Johnson took his criticism of not only the secrecy, but also of the limited review time, to another level by saying his vote is not guaranteed.
“I can’t imagine, quite honestly, that I’d have the information to evaluate and justify a yes vote within just a week," he says.
According to The Hill, Johnson shared this sentiment with McConnell, saying he wants input from his constituents and a full public vetting of the bill.
While the AHCA can pass with a 51-vote majority, that doesn’t give McConnell a big margin of error: Lose two “yes” votes, and the bill dies. (Of course, should it come down to a split, Vice President Mike Pence will lodge the tiebreaker, and we all know how that will go.)
What about the voters?
A study from the University of Maryland’s Program for Public Consultation also examined voter opinions regarding the GOP legislation.
“While Senate Republicans move toward finalizing their health care plan, a new in-depth survey finds that all of the key provisions of the House-passed American Health Care Act are opposed by clear majorities,” the press release reads. “Overall, 67 percent oppose the legislation.”
The study breaks down voters by congressional districts in six ways, ranging from the most Republican districts to the most Democratic. Even in the most red districts, the study says, “majorities oppose nearly all of the key provisions and 63 percent oppose it overall.”
Other findings from the study, which was conducted June 8-13 from 2,430 registered voters, include specifics on a number of ACA provisions.
Pre-existing conditions: 6 of 10 Republicans oppose state waivers which would empower insurers to charge more or not cover those with pre-existing health conditions. Three-quarters are opposed in very red districts, and over 8 of 10 are opposed in very blue districts.
Higher premiums for older Americans: The least popular provision of the bunch with two-thirds of Republicans are opposed, 8 of 10 in very red districts also disapprove.
Essential benefits: While a majority of Republicans are in favor of the AHCA allowing insurers to not cover certain benefits, 6 of 10 in very red districts and 8 of 10 Democrats oppose the measure.
Individual mandate: The report saw the highest level of support for the AHCA provision to replace the ACA health care mandate, but that said, support is only 44 percent with 55 percent opposed. Party breakdown shows 53 percent of Independents and 79 percent of Democrats are opposed, while 71 percent of Republicans favor the proposal.
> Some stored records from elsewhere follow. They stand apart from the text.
-- ===== src/Pools/Loaded/Checks.antt =====
-- A pool, after the unavailable machines are dropped.
use lnst.Prelude.{
  String, ◌≡◌, refl, subst, Option, some, [], ◌∷◌, true, arith, ◌==◌, string_eq, Bool-cases, inl,
  inr, count, ◌≤◌, if◌then◌else◌,
}
use lnst.Prelude.Dict.{get, keys, IsDistinct, get-eq-none_of_count}
use lnst.Prelude.Exc.{ok, or_raise, >>=-eq-ok, key_error}
use lnst.Mapper.Defs.{Host}
use lnst.Pools.{
  Spec, Pool, Answer, accepted, invalid_port, unreachable, refused, is_up, query, assume_available,
  drop_unavailable,
}
use lnst.Pools.Loaded.Machines.{SpecOk, or_raise_ok}
use lnst.Pools.Loaded.Listed.{PoolFits}

-- The machines of a pool are machines of another, but for what is noted of their availability.
record IsPart (part pool : Pool) : Type 0 where
  distinct : IsDistinct part
  from :
      (k : String) (m : Spec)
      → get part k ≡ some m
      → (n : Spec) × (get pool k ≡ some n) × (n.host ≡ m.host)

IsPart-PoolFits : (part pool : Pool) → IsPart part pool → PoolFits pool → PoolFits part
IsPart-PoolFits part pool s o = record {
  distinct = s.distinct;
  specs = λ k m h. let a = s.from k m h in subst (λ (g : Host). SpecOk g) a.2 (o.specs k a.0 a.1);
  apart = λ k j m n h i e.
      let a = s.from k m h in
      let b = s.from j n i in o.apart k j a.0 b.0 a.1 b.1 (cc (a.2, b.2, e));
  domains = λ k j m n v h i e f.
      let a = s.from k m h in
      let b = s.from j n i in o.domains k j a.0 b.0 v a.1 b.1 (cc (a.2, e)) (cc (b.2, f));
}

-- A machine that is available was found so.
abbrev pub IsUp : (String → Option String → Answer) → Spec → Type 0
IsUp connect m =
    (v : String) × (get m.host.params "hostname" ≡ some v)
    × (connect v (get m.host.params "rpc_port") ≡ accepted)

is_up_lem : (a : Answer) → is_up a ≡ ok true → a ≡ accepted
is_up_lem invalid_port h = absurd (cc)
is_up_lem unreachable h = absurd (cc)
is_up_lem refused h = absurd (cc)
is_up_lem accepted h = refl

same_list : {p q : Pool} → ok p ≡ ok q → p ≡ q
same_list h = cc

query_keys :
    (connect : String → Option String → Answer) (pool end : Pool) (k : String)
    → query connect pool ≡ ok end
    → count k (keys end) ≡ count k (keys pool)
unfolding query keys count
query_keys connect [] end k h = ground (arith, h)
query_keys connect ((j, n) ∷ pool) end k h =
    let v = >>=-eq-ok (or_raise (get n.host.params "hostname") key_error) _ {end = end} h in
    let u = >>=-eq-ok (is_up (connect v.0 (get n.host.params "rpc_port"))) _ {end = end} v.2 in
    let r =
      >>=-eq-ok (query connect pool) (λ rest. ok ((j, record n { available = some u.0 }) ∷ rest))
        {end = end} u.2 in
    subst (λ o. count k (keys o) ≡ count k (keys ((j, n) ∷ pool)))
      {x = (j, record n { available = some u.0 }) ∷ r.0} (cc r.2)
      (ground (arith, query_keys connect pool r.0 k r.1))

query_lem :
    (connect : String → Option String → Answer) (pool end : Pool) (k : String) (m : Spec)
    → query connect pool ≡ ok end
    → get end k ≡ some m
    → (n : Spec) × (get pool k ≡ some n)
      × (n.host ≡ m.host)
      × (m.available ≡ some true → IsUp connect m)
unfolding query get
query_lem connect [] end k m h there = absurd (cc (rw (← same_list h) at there))
query_lem connect ((j, n) ∷ pool) end k m h there =
    let v = >>=-eq-ok (or_raise (get n.host.params "hostname") key_error) _ {end = end} h in
    let u = >>=-eq-ok (is_up (connect v.0 (get n.host.params "rpc_port"))) _ {end = end} v.2 in
    let r =
      >>=-eq-ok (query connect pool) (λ rest. ok ((j, record n { available = some u.0 }) ∷ rest))
        {end = end} u.2 in
    let there' = rw (← same_list r.2) at there in
    elim (Bool-cases (j == k)) [
      | inl here ↦
          let found =
            subst (λ (o : Spec). (n.host ≡ o.host) × (o.available ≡ some true → IsUp connect o))
              {x = record n { available = some u.0 }} {y = m} (cc (rw here at there'))
              (
                refl,
                λ up. (
                  v.0,
                  or_raise_ok (get n.host.params "hostname") key_error {a = v.0} v.1,
                  is_up_lem (connect v.0 (get n.host.params "rpc_port")) (cc (u.1, up)),
                ),
              ) in
          (n, rw here refl, found.0, found.1)
      | inr away ↦
          let a = query_lem connect pool r.0 k m r.1 (rw away at there') in
          (a.0, rw away a.1, a.2, a.3)
    ]

assume_available_keys :
    (pool : Pool) (k : String) → count k (keys (assume_available pool)) ≡ count k (keys pool)
unfolding assume_available keys count
assume_available_keys [] k = refl
assume_available_keys ((j, n) ∷ pool) k = ground (arith, assume_available_keys pool k)

assume_available_lem :
    (pool : Pool) (k : String) (m : Spec)
    → get (assume_available pool) k ≡ some m
    → (n : Spec) × (get pool k ≡ some n) × (n.host ≡ m.host)
unfolding assume_available get
assume_available_lem [] k m there = absurd (cc)
assume_available_lem ((j, n) ∷ pool) k m there = elim (Bool-cases (j == k)) [
  | inl here ↦ (
    n,
    rw here refl,
    subst (λ (o : Spec). n.host ≡ o.host) {x = record n { available = some true }} {y = m}
        (cc (rw here at there)) refl,
  )
  | inr away ↦ let a = assume_available_lem pool k m (rw away at there) in (a.0, rw away a.1, a.2)
]

drop_unavailable_keys :
    (pool end : Pool) (k : String)
    → drop_unavailable pool ≡ ok end
    → count k (keys end) ≤ count k (keys pool)
unfolding drop_unavailable keys count
drop_unavailable_keys [] end k h = ground (arith, h)
drop_unavailable_keys ((j, n) ∷ pool) end k h =
    let u = >>=-eq-ok (or_raise n.available key_error) _ {end = end} h in
    let r =
      >>=-eq-ok (drop_unavailable pool) (λ rest. ok (if u.0 then (j, n) ∷ rest else rest))
        {end = end} u.2 in
    let rest = drop_unavailable_keys pool r.0 k r.1 in
    rw (← same_list r.2) (elim (Bool-cases u.0) [
      | inl up ↦ rw up (ground (arith, rest))
      | inr down ↦ rw down (ground (arith, rest))
    ])

drop_unavailable_lem :
    (pool end : Pool) (k : String) (m : Spec)
    → IsDistinct pool
    → drop_unavailable pool ≡ ok end
    → get end k ≡ some m
    → (get pool k ≡ some m) × (m.available ≡ some true)
unfolding drop_unavailable get keys count
drop_unavailable_lem [] end k m d h there = absurd (cc (rw (← same_list h) at there))
drop_unavailable_lem ((j, n) ∷ pool) end k m d h there =
    let u = >>=-eq-ok (or_raise n.available key_error) _ {end = end} h in
    let r =
      >>=-eq-ok (drop_unavailable pool) (λ rest. ok (if u.0 then (j, n) ∷ rest else rest))
        {end = end} u.2 in
    let there' = rw (← same_list r.2) at there in
    let below = drop_unavailable_lem pool r.0 k m (λ i. ground (arith, d i)) r.1 in
    elim (Bool-cases (j == k)) [
      | inl here ↦ elim (Bool-cases u.0) [
        | inl up ↦ (
          rw here (rw (up, here) at there'),
          ground
              (arith, rw (up, here) at there', or_raise_ok n.available key_error {a = u.0} u.1, up),
        )
        | inr down ↦ absurd (
            cc (
              rw down at there',
              get-eq-none_of_count r.0 k
                  (ground (arith, drop_unavailable_keys pool r.0 k r.1, d k, here)),
            ))
      ]
      | inr away ↦ elim (Bool-cases u.0) [
        | inl up ↦ rw away (below (rw (up, away) at there'))
        | inr down ↦ rw away (below (rw down at there'))
      ]
    ]

-- The machines that are kept of the ones that were asked.
pub asked_lem :
    (connect : String → Option String → Answer) (pool p end : Pool)
    → PoolFits pool
    → query connect pool ≡ ok p
    → drop_unavailable p ≡ ok end
    → PoolFits end × ((k : String) (m : Spec) → get end k ≡ some m → IsUp connect m)
asked_lem connect pool p end o h i =
    let s : IsPart end pool = record {
      distinct = λ k.
          ground
            (arith, query_keys connect pool p k h, o.distinct k, drop_unavailable_keys p end k i);
      from = λ k m there.
          let d =
            drop_unavailable_lem p end k m
              (λ j. ground (arith, query_keys connect pool p j h, o.distinct j)) i there in
          let q = query_lem connect pool p k m h d.0 in (q.0, q.1, q.2);
    } in
    (
      IsPart-PoolFits end pool s o,
      λ k m there.
          let d =
            drop_unavailable_lem p end k m
              (λ j. ground (arith, query_keys connect pool p j h, o.distinct j)) i there in
          let q = query_lem connect pool p k m h d.0 in q.3 d.1,
    )

pub assumed_lem :
    (pool end : Pool)
    → PoolFits pool
    → drop_unavailable (assume_available pool) ≡ ok end
    → PoolFits end
assumed_lem pool end o i =
    IsPart-PoolFits end pool
      (record {
        distinct = λ k. ground (
          arith,
          assume_available_keys pool k,
          o.distinct k,
          drop_unavailable_keys (assume_available pool) end k i,
        );
        from = λ k m there.
            assume_available_lem pool k m
              (drop_unavailable_lem (assume_available pool) end k m
                (λ j. ground (arith, assume_available_keys pool j, o.distinct j)) i there).0;
      })
      o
Health care for low-income population: The majority of respondents take issue with the AHCA’s reduced Medicaid spending (55 percent), Medicaid expansion repeal (53 percent), out-of-pocket costs (59 percent), and the repeal of taxes on those with higher incomes (53 percent).
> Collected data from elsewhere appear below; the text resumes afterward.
-- ===== src/Pools/Loaded.antt =====
-- The pools that AgentPoolManager() has: they are what the mapper wants of its pools.
mod Machines
mod Listed
mod Checks
use lnst.Prelude.{
  String, ◌≡◌, ◌≢◌, refl, subst, Option, none, some, List, [], ◌∷◌, Bool, true, false, arith, ◌==◌,
  string_eq, Bool-cases, Option-cases, inl, inr, count, ◌≤◌, if◌then◌else◌,
}
use lnst.Prelude.Dict.{Dict, get, put, keys, IsDistinct, get-put}
use lnst.Prelude.Exc.{Result, ok, ◌>>=◌, >>=-eq-ok}
use lnst.Mapper.Defs.{Iface, Host, Hosts}
use lnst.Mapper.Valid.{IsNamed}
use lnst.Pools.{
  Spec, Pool, Site, add_files, query, assume_available, drop_unavailable, add_dir, add_pools,
}
use lnst.Pools.Loaded.Listed.{PoolFits, add_files-PoolFits, no_machines-PoolFits}
use lnst.Pools.Loaded.Checks.{IsUp, asked_lem, assumed_lem}

-- What the mapper reads of a pool.
unfoldable pub hosts : Pool → Hosts
hosts [] = []
hosts ((k, m) ∷ pool) = (k, m.host) ∷ hosts pool

get-hosts :
    (pool : Pool) (k : String) (h : Host)
    → get (hosts pool) k ≡ some h
    → (m : Spec) × (get pool k ≡ some m) × (m.host ≡ h)
unfolding hosts get
get-hosts [] k h there = absurd (cc)
get-hosts ((j, m) ∷ pool) k h there = elim (Bool-cases (j == k)) [
  | inl here ↦ (m, rw here refl, cc (rw here at there))
  | inr away ↦ let r = get-hosts pool k h (rw away at there) in (r.0, rw away r.1, r.2)
]

keys-hosts : (pool : Pool) → keys (hosts pool) ≡ keys pool
unfolding hosts keys
keys-hosts [] = refl
keys-hosts ((j, m) ∷ pool) = cc (keys-hosts pool)

-- A pool with machines: each has a host name and interfaces with MAC addresses, which are its own;
-- no two share a name or libvirt domain; and where pools are checked, each was reached.
pub record IsLoaded (site : Site) (pool : Pool) : Type 0 where
  pub some_machine : pool ≢ []
  pub fits : PoolFits pool
  pub named : IsNamed (hosts pool)
  pub distinct : IsDistinct (hosts pool)
  pub ifs_distinct : (k : String) (h : Host) → get (hosts pool) k ≡ some h → IsDistinct h.interfaces
  pub up :
      site.pool_checks ≡ true → (k : String) (m : Spec) → get pool k ≡ some m → IsUp site.connect m

-- A pool of one directory
abbrev Passed : Site → Pool → Type 0
Passed site pool =
    PoolFits pool
    × (site.pool_checks ≡ true
        → (k : String) (m : Spec) → get pool k ≡ some m
        → IsUp site.connect m)

Passed-IsLoaded : (site : Site) (pool : Pool) → pool ≢ [] → Passed site pool → IsLoaded site pool
Passed-IsLoaded site pool any o = record {
  some_machine = any;
  fits = o.0;
  named = record {
    hostname = λ k h there.
        let m = get-hosts pool k h there in
        subst (λ (g : Host). (v : String) × (get g.params "hostname" ≡ some v)) m.2
          ((o.0).specs k m.0 m.1).hostname;
    hwaddrs = λ k h there.
        let m = get-hosts pool k h there in
        subst
          (λ (g : Host).
            (j : String) (p : Iface)
            → get g.interfaces j ≡ some p
            → (v : String) × (get p.params "hwaddr" ≡ some v))
          m.2 (((o.0).specs k m.0 m.1).ifs).hwaddrs;
  };
  distinct = rw keys-hosts (o.0).distinct;
  ifs_distinct = λ k h there.
      let m = get-hosts pool k h there in
      subst (λ (g : Host). IsDistinct g.interfaces) m.2 (((o.0).specs k m.0 m.1).ifs).distinct;
  up = o.1;
}

add_dir-Passed :
    (site : Site) (dir : String) (end : Pool) → add_dir site [] dir ≡ ok end → Passed site end
unfolding add_dir get
add_dir-Passed site dir end h = elim (Option-cases (site.listdir dir)) [
  | inl nothing ↦
      subst (λ (p : Pool). Passed site p) {x = []} {y = end} (cc (rw (nothing, add_dir) at h))
        (no_machines-PoolFits, λ c k m there. absurd (cc there))
  | inr (dentries, listed) ↦
      let a =
        >>=-eq-ok (add_files site.allow_virt [] dentries) _ {end = end}
          (rw (listed, add_dir) at h) in
      let fits = add_files-PoolFits site.allow_virt [] a.0 dentries no_machines-PoolFits a.1 in
      elim (Bool-cases site.pool_checks) [
        | inl checks ↦
            let q = >>=-eq-ok (query site.connect a.0) _ {end = end} (rw checks at a.2) in
            let k = asked_lem site.connect a.0 q.0 end fits q.1 q.2 in (k.0, λ c. k.1)
        | inr trusts ↦ (assumed_lem a.0 end fits (rw trusts at a.2), λ c. absurd (cc (c, trusts)))
      ]
]

kept :
    (site : Site) (pools : Dict String Pool) (pool_name name : String) (p : Pool)
    → ((q : Pool) → get pools name ≡ some q → IsLoaded site q)
    → Passed site p
    → (q : Pool) → get (elim p [ [] ↦ pools | m ∷ ms ↦ put pools pool_name (m ∷ ms) ]) name ≡ some q
    → IsLoaded site q
kept site pools pool_name name [] before o q there = before q there
kept site pools pool_name name (m ∷ ms) before o q there = elim (Bool-cases (pool_name == name)) [
  | inl same ↦
      subst (λ (r : Pool). IsLoaded site r) {x = m ∷ ms} {y = q}
        (cc (rw (get-put pools pool_name name (m ∷ ms), same) at there))
        (Passed-IsLoaded site (m ∷ ms) (λ e. cc e) o)
  | inr differs ↦ before q (rw (get-put pools pool_name name (m ∷ ms), differs) at there)
]

add_pools_lem :
    (more : List (String × String)) (site : Site) (pools end : Dict String Pool) (name : String)
    (pool : Pool)
    → ((p : Pool) → get pools name ≡ some p → IsLoaded site p)
    → add_pools site pools more ≡ ok end
    → get end name ≡ some pool
    → IsLoaded site pool
unfolding add_pools
add_pools_lem [] site pools end name pool before h there = before pool (ground (arith, h, there))
add_pools_lem ((pool_name, dir) ∷ more) site pools end name pool before h there =
    let p =
      >>=-eq-ok (add_dir site [] dir)
        (λ p. add_pools site (elim p [ [] ↦ pools | m ∷ ms ↦ put pools pool_name (m ∷ ms) ]) more)
        {end = end} h in
    add_pools_lem more site _ end name pool
      (kept site pools pool_name name p.0 before (add_dir-Passed site dir p.0 p.1)) p.2 there

-- A pool that AgentPoolManager() holds, once it has read the directories without an exception, is
-- not empty; its machines have distinct names, host names and libvirt domains, and each was reached
-- if that is checked; their interfaces have MAC addresses, distinct within a machine. It is what
-- the mapper wants of a pool.
pub add_pools-IsLoaded :
    (site : Site) (end : Dict String Pool) (more : List (String × String)) (name : String)
    (pool : Pool)
    → add_pools site [] more ≡ ok end
    → get end name ≡ some pool
    → IsLoaded site pool
unfolding get
add_pools-IsLoaded site end more name pool h there =
    add_pools_lem more site [] end name pool (λ p none_there. absurd (cc none_there)) h there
Employer mandate: Opposition toward the AHCA reversal of requiring employers with more than 50 employees to provide health insurance is 62 percent of Independents and 86 percent of Democrats. Fifty-nine percent of Republicans favor the AHCA’s repeal of this provision.
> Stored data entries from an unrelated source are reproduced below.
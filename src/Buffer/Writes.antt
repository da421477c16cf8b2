-- ===== src/Buffer/Writes.antt =====
-- What a writer leaves in the buffer, and when it succeeds: rules for the writers and their sequence.
use arrow_abi_doctor.Base.{
  ℕ, ◌+◌, ◌-◌, ◌^◌, ◌≤◌, ◌<◌, ◌≡◌, refl, sym, ◌∙◌, arith, if◌then◌else◌, ltb, leb, ◌==◌, ℤ, Bool,
  true, false, Bool-cases, inl, inr, List, [], ◌∷◌, ◌++◌, length, length-append, append_assoc,
  append-nil, replicate, length-replicate,
}
use arrow_abi_doctor.Bytes.{store_u16, store_u32, store_u64, i64_to_u64}
use arrow_abi_doctor.Bytes.LittleEndian.{length-store_u16, length-store_u32, length-store_u64}
use arrow_abi_doctor.Buffer.{
  AbiBuf, size_max, grow_loop, take_block, buf_reserve, Writer, buf_put, buf_u8, buf_u16, buf_u32,
  buf_u64, buf_i64, buf_zeros, buf_bytes, copy_in, run_second, ◌then_write◌, done,
}
use arrow_abi_doctor.Buffer.Doubling.{grow_loop_meets}

-- An allocator that never refuses.
abbrev pub Grants : (ℕ → Bool) → Type 0
Grants realloc = (n : ℕ) → realloc n ≡ true

module _ (realloc : ℕ → Bool) where
  -- On success `bs` stands behind what was there; and a sound buffer with room in the address space
  -- makes it succeed.
  pub record Writes (w : Writer) (bs : List ℕ) : Type 0 where
    pub appends :
        (b : AbiBuf)
        → (w b).0 ≡ true
        → ((w b).1.content ≡ b.content ++ bs) × (b.failed ≡ false → (w b).1.failed ≡ false)
    pub succeeds :
        (b : AbiBuf)
        → b.failed ≡ false
        → length b.content + length bs ≤ 2 ^ 63
        → Grants realloc
        → (w b).0 ≡ true

  reserve_keeps :
      (n : ℕ) (b : AbiBuf)
      → (buf_reserve realloc n b).0 ≡ true
      → ((buf_reserve realloc n b).1.content ≡ b.content)
        × ((buf_reserve realloc n b).1.failed ≡ false)
  unfolding buf_reserve
  reserve_keeps n b h = ground arith

  -- The doubling loop meets the need, so the allocator is asked.
  take_block_succeeds :
      (room need : ℕ) (b : AbiBuf)
      → 0 < room
      → need ≤ 2 ^ 63
      → Grants realloc
      → (take_block realloc (grow_loop 65 room need) b).0 ≡ true
  unfolding take_block
  take_block_succeeds room need b pos small grants =
      let (n, e, _, _) = grow_loop_meets 64 room need (grind arith) small in rw (e, grants n)

  reserve_succeeds :
      (n : ℕ) (b : AbiBuf)
      → b.failed ≡ false
      → length b.content + n ≤ 2 ^ 63
      → Grants realloc
      → (buf_reserve realloc n b).0 ≡ true
  unfolding buf_reserve
  reserve_succeeds n b live room grants =
      let need = length b.content + n in
      let fits : ltb (size_max - length b.content) n ≡ false = ground arith in
      elim (Bool-cases (leb need b.capacity)) [
        | inl enough ↦ simp (live, fits, enough)
        | inr short ↦ elim (Bool-cases (b.capacity == 0)) [
          | inl fresh ↦
              simp (live, fits, short, fresh)
                (take_block_succeeds 256 need b (omega arith) room grants)
          | inr used ↦
              simp (live, fits, short, used)
                (take_block_succeeds b.capacity need b (ground arith) room grants)
        ]
      ]

  -- Copying behind a reserve of the right size.
  copy-Writes :
      (bs : List ℕ) (n : ℕ) → length bs ≡ n → Writes (λ b. copy_in bs (buf_reserve realloc n b)) bs
  copy-Writes bs n e = record {
    appends = λ b h. of_reserve b (buf_reserve realloc n b) (reserve_keeps n b) h;
    succeeds = λ b live room grants.
        granted (buf_reserve realloc n b) (reserve_succeeds n b live (rw (← e) room) grants);
  }
    where
      of_reserve :
          (b : AbiBuf) (r : Bool × AbiBuf)
          → (r.0 ≡ true → (r.1.content ≡ b.content) × (r.1.failed ≡ false))
          → (copy_in bs r).0 ≡ true
          → ((copy_in bs r).1.content ≡ b.content ++ bs)
            × (b.failed ≡ false → (copy_in bs r).1.failed ≡ false)
      of_reserve b (true, b') k h = let (same, live) = k refl in (rw same, λ _. live)
      of_reserve b (false, b') k h = cc

      granted : (r : Bool × AbiBuf) → r.0 ≡ true → (copy_in bs r).0 ≡ true
      granted (true, b') h = refl
      granted (false, b') h = h

  pub put-Writes : (bs : List ℕ) → Writes (buf_put realloc bs) bs
  unfolding buf_put
  put-Writes bs = copy-Writes bs (length bs) refl

  pub u8-Writes : (v : ℕ) → Writes (buf_u8 realloc v) (v ∷ [])
  unfolding buf_u8
  u8-Writes v = copy-Writes (v ∷ []) 1 refl

  pub u16-Writes : (v : ℕ) → Writes (buf_u16 realloc v) (store_u16 v)
  unfolding buf_u16
  u16-Writes v = copy-Writes (store_u16 v) 2 (length-store_u16 v)

  pub u32-Writes : (v : ℕ) → Writes (buf_u32 realloc v) (store_u32 v)
  unfolding buf_u32
  u32-Writes v = copy-Writes (store_u32 v) 4 (length-store_u32 v)

  pub u64-Writes : (v : ℕ) → Writes (buf_u64 realloc v) (store_u64 v)
  unfolding buf_u64
  u64-Writes v = copy-Writes (store_u64 v) 8 (length-store_u64 v)

  pub i64-Writes : (v : ℤ) → Writes (buf_i64 realloc v) (store_u64 (i64_to_u64 v))
  unfolding buf_i64
  i64-Writes v = u64-Writes (i64_to_u64 v)

  pub zeros-Writes : (n : ℕ) → Writes (buf_zeros realloc n) (replicate n 0)
  unfolding buf_zeros
  zeros-Writes n = copy-Writes (replicate n 0) n (length-replicate n 0)

  pub done-Writes : Writes done []
  done-Writes = record {
    appends = λ b h. (sym (append-nil b.content), λ live. live);
    succeeds = λ b live room grants. refl;
  }

  pub then-Writes :
      {v w : Writer} {xs ys : List ℕ}
      → Writes v xs
      → Writes w ys
      → Writes (v then_write w) (xs ++ ys)
  then-Writes {v} {w} {xs} {ys} p q = record {
    appends = λ b h. both b (v b) (p.appends b) h;
    succeeds = λ b live room grants.
        let fits : length b.content + length xs + length ys ≤ 2 ^ 63 =
          omega (arith, length-append xs ys) in
        let first : (v b).0 ≡ true = p.succeeds b live (omega arith) grants in
        let (there, live') = p.appends b first in
        let measured : length (v b).1.content ≡ length b.content + length xs =
          rw there (length-append b.content xs) in
        second (v b) first (q.succeeds (v b).1 (live' live) (omega arith) grants);
  }
    where
      both :
          (b : AbiBuf) (r : Bool × AbiBuf)
          → (r.0 ≡ true → (r.1.content ≡ b.content ++ xs) × (b.failed ≡ false → r.1.failed ≡ false))
          → (run_second r w).0 ≡ true
          → ((run_second r w).1.content ≡ b.content ++ (xs ++ ys))
            × (b.failed ≡ false → (run_second r w).1.failed ≡ false)
      both b (true, b') k h =
          let (there, live') = k refl in
          let (behind, live'') = q.appends b' h in
          (behind ∙ rw there (append_assoc b.content xs ys), λ live. live'' (live' live))
      both b (false, b') k h = cc

      second : (r : Bool × AbiBuf) → r.0 ≡ true → (w r.1).0 ≡ true → (run_second r w).0 ≡ true
      second (true, b') e h = h
      second (false, b') e h = e

  pub if-Writes :
      (c : Bool) {v w : Writer} {xs ys : List ℕ}
      → Writes v xs
      → Writes w ys
      → Writes (if c then v else w) (if c then xs else ys)
  if-Writes true p q = p
  if-Writes false p q = q

  pub bytes-Writes : (s : List ℕ) → Writes (buf_bytes realloc s) (store_u32 (length s) ++ s)
  unfolding buf_bytes
  bytes-Writes s = then-Writes (u32-Writes (length s)) (put-Writes s)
Planned Parenthood: The majority of respondents (67 percent) disapprove of the AHCA proposal which would not allow Medicaid benefits to be used at Planned Parenthood clinics, with 61 percent in very red districts opposing this. That said, 63 percent of Republicans favor it.
Decision time for insurers
As June 21 comes and goes, so does the window for insurers to determine if they’ll file plans for HealthCare.gov next year.
That may be a hard decision to make, especially since many insurance companies are still wondering if the Trump administration will offer subsidies to curb costs of insuring low-income customers.
Earlier this week, the White House said it would make the payments for June, but after that is anyone’s guess.
The lack of clarity, as reported by Politico, is creating even more of an uneven ground for the already-wobbly insurance landscape. With insurers dropping out of state marketplaces left and right, many Americans will be left without options for insurance coverage.
As Politico points out, another factor in the ongoing uncertainty comes in the individual mandate. With no finalized health care reform bill, no one knows the fate of the provision which required Americans to have health insurance or face penalties.